Magnetic field intensity at the centre of coil of `50` turns, radius `0.5m` and carrying a current of `2A` is

To find the magnetic field intensity at the center of a coil, we can use the formula for the magnetic field due to a circular coil: \[ B = \frac{\mu_0 n I}{2R} \] where: - \( B \) is the magnetic field intensity at the center of the coil, - \( \mu_0 \) is the permeability of free space (\( 4\pi \times 10^{-7} \, \text{T m/A} \)), - \( n \) is the number of turns per unit length, - \( I \) is the current in amperes, - \( R \) is the radius of the coil in meters. ### Step-by-Step Solution: 1. **Identify the given values:** - Number of turns, \( N = 50 \) - Radius of the coil, \( R = 0.5 \, \text{m} \) - Current, \( I = 2 \, \text{A} \) 2. **Substitute the values into the formula:** - We need to calculate \( B \) using the formula.

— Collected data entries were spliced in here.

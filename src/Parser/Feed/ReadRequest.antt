-- ===== src/Parser/Feed/ReadRequest.antt =====
-- webcc/request.cc and request_parser.cc: a request that is written is read.
use mathlib.Core.Path.{subst}
use devops_workshop.Numbers.{pos}
use devops_workshop.Http.Content.{no_content_type}
use devops_workshop.Http.Message.{Message, prepare, copy_payload}
use devops_workshop.Http.Request.{Request, request_line}
use devops_workshop.Url.Address.{blank}
use devops_workshop.Url.Address.Render.{target}
use devops_workshop.Parser.State.{of_requests, Env, new_parser}
use devops_workshop.Parser.HeaderLines.{parse_start_line, take_line}
use devops_workshop.Parser.HeaderLines.Written.{parse_start_line-request_line}
use devops_workshop.Parser.Feed.{parse}
use devops_workshop.Parser.Feed.Expected.{written, IsField, announces, declared}
use devops_workshop.Parser.Feed.WholeContent.{IsRead}
use devops_workshop.Parser.Feed.Whole.{begun, prepared-IsRead}
use devops_workshop.Prelude.{
  ◌≡◌, ◌≢◌, refl, sym, ap, ◌∙◌, true, false, none, [], ◌∷◌, ◌++◌, length, All,
}
use devops_workshop.Bytes.{Text, Lacks, codes, cut_on}

-- A request whose start line is read as it was written: one line without spaces in its parts, where
-- nothing is escaped, the path holds no question mark, and "://" stands nowhere in the target.
pub record IsSendable (r : Request) : Type 0 where
  pub method_ne : r.method ≢ []
  pub one_line : Lacks 13 (request_line r)
  pub method_space : Lacks b' ' r.method
  pub target_space : Lacks b' ' (target r.url.path r.url.query)
  pub target_percent : Lacks b'%' (target r.url.path r.url.query)
  pub path_mark : Lacks b'?' r.url.path
  pub target_scheme : cut_on (codes "://") (target r.url.path r.url.query) ≡ none

pub line_ne : (method rest : Text) → method ≢ [] → method ++ rest ≢ []
line_ne [] rest n = absurd (n refl)
line_ne (c ∷ s) rest n = λ e. cc

module _ (env : Env) where
  -- What `Message::Prepare` writes under the start line of a request is read back in one call of
  -- `Parse`, as a message that is complete, with the method, the path, the query and the content. The
  -- start line is one line with no spaces but between its parts, the method is not empty, nothing is
  -- escaped, the path holds no question mark and the target no "://". The fields are of one line
  -- each, without a colon in the name and without spaces around name and value; a Content-Length is
  -- that of the content, and there is one if there is any content; a Content-Type is valid, and
  -- that of the message is not multipart, no Transfer-Encoding is "chunked", and memory for the content can be reserved.
  pub parse-written_request :
      (r : Request) (m : Message)
      → m.start_line ≡ request_line r
      → IsSendable r
      → All (IsField env.boost (length m.content)) m.headers
      → (announces env.boost m.headers ≡ false → m.content ≡ [])
      → env.can_reserve (length m.content) ≡ true
      → (declared env.boost no_content_type m.headers).multipart ≡ false
      → IsRead
          (pos 200, (record blank { path = r.url.path; query = r.url.query }, r.method))
          m.content
          (parse (of_requests env) (copy_payload (prepare m)) new_parser)
  unfolding take_line
  parse-written_request r m e s w k v n =
      let p = begun m.start_line (written m.headers m.content) in
      let url = record blank { path = r.url.path; query = r.url.query } in
      prepared-IsRead (of_requests env) (pos 200, (url, r.method)) m
        (record p { request = record (p.request) { method = r.method; url = url } })
        (subst (λ l. Lacks 13 l × (l ≢ [])) (sym e) (s.one_line, line_ne r.method _ s.method_ne))
        (ap (λ l. parse_start_line (of_requests env) l p) e
          ∙ parse_start_line-request_line (of_requests env) r p s.method_ne s.method_space
              s.target_space s.target_percent s.path_mark s.target_scheme)
        (refl, (refl, refl, refl, refl, (refl, (refl, refl, refl)), λ x. cc)) refl refl w k v n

Since the number of turns \( N \) is given, we can directly use it in the formula: \[ B = \frac{\mu_0 N I}{2R} \] 3. **Substitute \( \mu_0 \), \( N \), \( I \), and \( R \) into the equation:** \[ B = \frac{(4\pi \times 10^{-7} \, \text{T m/A}) \times 50 \times 2}{2 \times 0.5} \] 4. **Simplify the equation:** - The denominator simplifies to \( 1 \): \[ B = (4\pi \times 10^{-7} \, \text{T m/A}) \times 50 \times 2 \] 5. **Calculate the numerical value:** - First calculate \( 50 \times 2 = 100 \): \[ B = 4\pi \times 10^{-7} \times 100 \] - This simplifies to: \[ B = 4\pi \times 10^{-5} \, \text{T} \] - Using \( \pi \approx 3.14 \): \[ B \approx 4 \times 3.14 \times 10^{-5} \approx 1.256 \times 10^{-4} \, \text{T} \] 6. **Final answer:** - The magnetic field intensity at the center of the coil is approximately: \[ B \approx 1.25 \times 10^{-4} \, \text{T} \] ### Conclusion: The magnetic field intensity at the center of the coil of 50 turns, radius 0.5 m, and carrying a current of 2 A is approximately \( 1.25 \times 10^{-4} \, \text{T} \).